# WHAT THE EXERCISE ASKS
Every line of the data below should be printed exactly. Nothing may be dropped.
^^^^
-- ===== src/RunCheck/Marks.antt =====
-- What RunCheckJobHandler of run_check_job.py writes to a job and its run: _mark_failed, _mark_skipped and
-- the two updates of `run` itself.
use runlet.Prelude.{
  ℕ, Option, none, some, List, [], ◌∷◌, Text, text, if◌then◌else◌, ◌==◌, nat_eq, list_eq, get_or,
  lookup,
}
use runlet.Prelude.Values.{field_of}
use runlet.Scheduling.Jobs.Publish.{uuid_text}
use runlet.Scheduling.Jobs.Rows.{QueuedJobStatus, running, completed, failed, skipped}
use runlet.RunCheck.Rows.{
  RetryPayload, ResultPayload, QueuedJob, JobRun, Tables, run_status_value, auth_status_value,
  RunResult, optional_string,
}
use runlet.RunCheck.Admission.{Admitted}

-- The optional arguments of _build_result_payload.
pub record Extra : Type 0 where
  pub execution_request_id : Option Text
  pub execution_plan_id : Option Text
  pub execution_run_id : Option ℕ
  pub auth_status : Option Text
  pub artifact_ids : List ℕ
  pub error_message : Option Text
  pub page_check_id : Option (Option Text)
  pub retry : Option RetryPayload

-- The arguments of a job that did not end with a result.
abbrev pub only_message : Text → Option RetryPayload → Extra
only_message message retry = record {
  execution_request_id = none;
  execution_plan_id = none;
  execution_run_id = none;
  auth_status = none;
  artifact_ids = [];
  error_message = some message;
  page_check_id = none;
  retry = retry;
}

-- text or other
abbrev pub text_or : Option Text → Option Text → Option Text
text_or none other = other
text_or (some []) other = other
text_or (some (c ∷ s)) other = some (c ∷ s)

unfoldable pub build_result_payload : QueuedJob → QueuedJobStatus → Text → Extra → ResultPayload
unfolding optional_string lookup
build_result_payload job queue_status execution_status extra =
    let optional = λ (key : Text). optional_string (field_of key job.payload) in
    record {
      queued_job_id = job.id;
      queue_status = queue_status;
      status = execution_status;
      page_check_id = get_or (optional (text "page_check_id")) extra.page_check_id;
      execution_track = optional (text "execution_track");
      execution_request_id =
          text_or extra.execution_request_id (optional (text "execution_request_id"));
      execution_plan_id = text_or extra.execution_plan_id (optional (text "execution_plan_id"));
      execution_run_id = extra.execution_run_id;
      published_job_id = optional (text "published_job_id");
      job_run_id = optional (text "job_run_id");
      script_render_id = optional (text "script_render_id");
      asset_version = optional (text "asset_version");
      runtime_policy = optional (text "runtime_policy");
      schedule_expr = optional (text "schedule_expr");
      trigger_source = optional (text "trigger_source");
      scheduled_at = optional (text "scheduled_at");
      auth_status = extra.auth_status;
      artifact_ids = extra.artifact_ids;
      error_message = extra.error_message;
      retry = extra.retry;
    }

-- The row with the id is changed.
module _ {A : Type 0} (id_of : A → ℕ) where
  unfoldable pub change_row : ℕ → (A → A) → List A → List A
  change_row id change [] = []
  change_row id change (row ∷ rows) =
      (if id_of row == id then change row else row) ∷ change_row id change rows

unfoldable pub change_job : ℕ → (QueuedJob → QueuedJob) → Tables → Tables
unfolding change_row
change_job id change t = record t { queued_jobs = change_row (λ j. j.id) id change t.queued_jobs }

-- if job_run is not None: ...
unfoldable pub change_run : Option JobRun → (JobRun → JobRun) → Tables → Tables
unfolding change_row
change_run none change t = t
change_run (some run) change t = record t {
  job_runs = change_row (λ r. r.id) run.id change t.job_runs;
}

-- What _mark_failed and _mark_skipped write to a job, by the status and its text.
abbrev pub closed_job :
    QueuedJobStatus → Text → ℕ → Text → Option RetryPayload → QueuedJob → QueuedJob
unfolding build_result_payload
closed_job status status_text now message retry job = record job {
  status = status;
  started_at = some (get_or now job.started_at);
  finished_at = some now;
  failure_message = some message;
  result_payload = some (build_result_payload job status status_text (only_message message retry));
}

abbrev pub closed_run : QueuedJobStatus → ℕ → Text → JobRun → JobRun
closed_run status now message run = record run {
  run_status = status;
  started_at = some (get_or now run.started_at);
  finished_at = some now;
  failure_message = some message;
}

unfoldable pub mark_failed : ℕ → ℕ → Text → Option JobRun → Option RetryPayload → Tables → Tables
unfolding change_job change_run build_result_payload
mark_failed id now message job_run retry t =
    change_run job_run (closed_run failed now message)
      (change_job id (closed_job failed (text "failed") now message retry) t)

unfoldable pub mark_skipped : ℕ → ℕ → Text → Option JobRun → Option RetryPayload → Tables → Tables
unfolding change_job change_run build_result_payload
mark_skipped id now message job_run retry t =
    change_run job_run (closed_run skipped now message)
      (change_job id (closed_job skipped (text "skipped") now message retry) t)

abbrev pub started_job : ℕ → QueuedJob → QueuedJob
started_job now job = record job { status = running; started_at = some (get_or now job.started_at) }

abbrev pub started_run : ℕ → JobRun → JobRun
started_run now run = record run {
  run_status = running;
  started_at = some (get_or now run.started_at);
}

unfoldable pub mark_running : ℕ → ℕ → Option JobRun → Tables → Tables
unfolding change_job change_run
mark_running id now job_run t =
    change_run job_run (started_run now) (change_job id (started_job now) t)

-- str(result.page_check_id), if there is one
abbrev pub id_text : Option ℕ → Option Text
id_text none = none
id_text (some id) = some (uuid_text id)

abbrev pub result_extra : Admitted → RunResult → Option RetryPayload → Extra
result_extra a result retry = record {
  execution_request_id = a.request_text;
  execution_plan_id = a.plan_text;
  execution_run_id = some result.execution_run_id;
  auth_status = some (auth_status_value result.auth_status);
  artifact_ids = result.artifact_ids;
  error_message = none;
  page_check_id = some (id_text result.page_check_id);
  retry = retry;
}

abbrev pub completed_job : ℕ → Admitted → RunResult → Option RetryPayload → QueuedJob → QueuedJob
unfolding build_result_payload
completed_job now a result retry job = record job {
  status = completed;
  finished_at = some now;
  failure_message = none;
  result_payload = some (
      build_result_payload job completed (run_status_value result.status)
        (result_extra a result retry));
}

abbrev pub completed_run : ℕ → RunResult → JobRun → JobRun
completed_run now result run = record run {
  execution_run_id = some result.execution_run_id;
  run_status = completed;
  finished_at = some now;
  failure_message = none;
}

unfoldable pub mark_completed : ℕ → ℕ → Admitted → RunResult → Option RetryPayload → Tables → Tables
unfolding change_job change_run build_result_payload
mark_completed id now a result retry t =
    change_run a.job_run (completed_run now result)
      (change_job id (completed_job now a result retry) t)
^^^^
# TASK RESPONSE
-- ===== src/RunCheck/Marks.antt =====
-- What RunCheckJobHandler of run_check_job.py writes to a job and its run: _mark_failed, _mark_skipped and
-- the two updates of `run` itself.
use runlet.Prelude.{
  ℕ, Option, none, some, List, [], ◌∷◌, Text, text, if◌then◌else◌, ◌==◌, nat_eq, list_eq, get_or,
  lookup,
}
use runlet.Prelude.Values.{field_of}
use runlet.Scheduling.Jobs.Publish.{uuid_text}
use runlet.Scheduling.Jobs.Rows.{QueuedJobStatus, running, completed, failed, skipped}
use runlet.RunCheck.Rows.{
  RetryPayload, ResultPayload, QueuedJob, JobRun, Tables, run_status_value, auth_status_value,
  RunResult, optional_string,
}
use runlet.RunCheck.Admission.{Admitted}

-- The optional arguments of _build_result_payload.
pub record Extra : Type 0 where
  pub execution_request_id : Option Text
  pub execution_plan_id : Option Text
  pub execution_run_id : Option ℕ
  pub auth_status : Option Text
  pub artifact_ids : List ℕ
  pub error_message : Option Text
  pub page_check_id : Option (Option Text)
  pub retry : Option RetryPayload

-- The arguments of a job that did not end with a result.
abbrev pub only_message : Text → Option RetryPayload → Extra
only_message message retry = record {
  execution_request_id = none;
  execution_plan_id = none;
  execution_run_id = none;
  auth_status = none;
  artifact_ids = [];
  error_message = some message;
  page_check_id = none;
  retry = retry;
}

-- text or other
abbrev pub text_or : Option Text → Option Text → Option Text
text_or none other = other
text_or (some []) other = other
text_or (some (c ∷ s)) other = some (c ∷ s)

unfoldable pub build_result_payload : QueuedJob → QueuedJobStatus → Text → Extra → ResultPayload
unfolding optional_string lookup
build_result_payload job queue_status execution_status extra =
    let optional = λ (key : Text). optional_string (field_of key job.payload) in
    record {
      queued_job_id = job.id;
      queue_status = queue_status;
      status = execution_status;
      page_check_id = get_or (optional (text "page_check_id")) extra.page_check_id;
      execution_track = optional (text "execution_track");
      execution_request_id =
          text_or extra.execution_request_id (optional (text "execution_request_id"));
      execution_plan_id = text_or extra.execution_plan_id (optional (text "execution_plan_id"));
      execution_run_id = extra.execution_run_id;
      published_job_id = optional (text "published_job_id");
      job_run_id = optional (text "job_run_id");
      script_render_id = optional (text "script_render_id");
      asset_version = optional (text "asset_version");
      runtime_policy = optional (text "runtime_policy");
      schedule_expr = optional (text "schedule_expr");
      trigger_source = optional (text "trigger_source");
      scheduled_at = optional (text "scheduled_at");
      auth_status = extra.auth_status;
      artifact_ids = extra.artifact_ids;
      error_message = extra.error_message;
      retry = extra.retry;
    }

-- The row with the id is changed.
module _ {A : Type 0} (id_of : A → ℕ) where
  unfoldable pub change_row : ℕ → (A → A) → List A → List A
  change_row id change [] = []
  change_row id change (row ∷ rows) =
      (if id_of row == id then change row else row) ∷ change_row id change rows

unfoldable pub change_job : ℕ → (QueuedJob → QueuedJob) → Tables → Tables
unfolding change_row
change_job id change t = record t { queued_jobs = change_row (λ j. j.id) id change t.queued_jobs }

-- if job_run is not None: ...
unfoldable pub change_run : Option JobRun → (JobRun → JobRun) → Tables → Tables
unfolding change_row
change_run none change t = t
change_run (some run) change t = record t {
  job_runs = change_row (λ r. r.id) run.id change t.job_runs;
}

-- What _mark_failed and _mark_skipped write to a job, by the status and its text.
abbrev pub closed_job :
    QueuedJobStatus → Text → ℕ → Text → Option RetryPayload → QueuedJob → QueuedJob
unfolding build_result_payload
closed_job status status_text now message retry job = record job {
  status = status;
  started_at = some (get_or now job.started_at);
  finished_at = some now;
  failure_message = some message;
  result_payload = some (build_result_payload job status status_text (only_message message retry));
}

abbrev pub closed_run : QueuedJobStatus → ℕ → Text → JobRun → JobRun
closed_run status now message run = record run {
  run_status = status;
  started_at = some (get_or now run.started_at);
  finished_at = some now;
  failure_message = some message;
}

unfoldable pub mark_failed : ℕ → ℕ → Text → Option JobRun → Option RetryPayload → Tables → Tables
unfolding change_job change_run build_result_payload
mark_failed id now message job_run retry t =
    change_run job_run (closed_run failed now message)
      (change_job id (closed_job failed (text "failed") now message retry) t)

unfoldable pub mark_skipped : ℕ → ℕ → Text → Option JobRun → Option RetryPayload → Tables → Tables
unfolding change_job change_run build_result_payload
mark_skipped id now message job_run retry t =
    change_run job_run (closed_run skipped now message)
      (change_job id (closed_job skipped (text "skipped") now message retry) t)

abbrev pub started_job : ℕ → QueuedJob → QueuedJob
started_job now job = record job { status = running; started_at = some (get_or now job.started_at) }

abbrev pub started_run : ℕ → JobRun → JobRun
started_run now run = record run {
  run_status = running;
  started_at = some (get_or now run.started_at);
}

unfoldable pub mark_running : ℕ → ℕ → Option JobRun → Tables → Tables
unfolding change_job change_run
mark_running id now job_run t =
    change_run job_run (started_run now) (change_job id (started_job now) t)

-- str(result.page_check_id), if there is one
abbrev pub id_text : Option ℕ → Option Text
id_text none = none
id_text (some id) = some (uuid_text id)

abbrev pub result_extra : Admitted → RunResult → Option RetryPayload → Extra
result_extra a result retry = record {
  execution_request_id = a.request_text;
  execution_plan_id = a.plan_text;
  execution_run_id = some result.execution_run_id;
  auth_status = some (auth_status_value result.auth_status);
  artifact_ids = result.artifact_ids;
  error_message = none;
  page_check_id = some (id_text result.page_check_id);
  retry = retry;
}

abbrev pub completed_job : ℕ → Admitted → RunResult → Option RetryPayload → QueuedJob → QueuedJob
unfolding build_result_payload
completed_job now a result retry job = record job {
  status = completed;
  finished_at = some now;
  failure_message = none;
  result_payload = some (
      build_result_payload job completed (run_status_value result.status)
        (result_extra a result retry));
}

abbrev pub completed_run : ℕ → RunResult → JobRun → JobRun
completed_run now result run = record run {
  execution_run_id = some result.execution_run_id;
  run_status = completed;
  finished_at = some now;
  failure_message = none;
}

unfoldable pub mark_completed : ℕ → ℕ → Admitted → RunResult → Option RetryPayload → Tables → Tables
unfolding change_job change_run build_result_payload
mark_completed id now a result retry t =
    change_run a.job_run (completed_run now result)
      (change_job id (completed_job now a result retry) t)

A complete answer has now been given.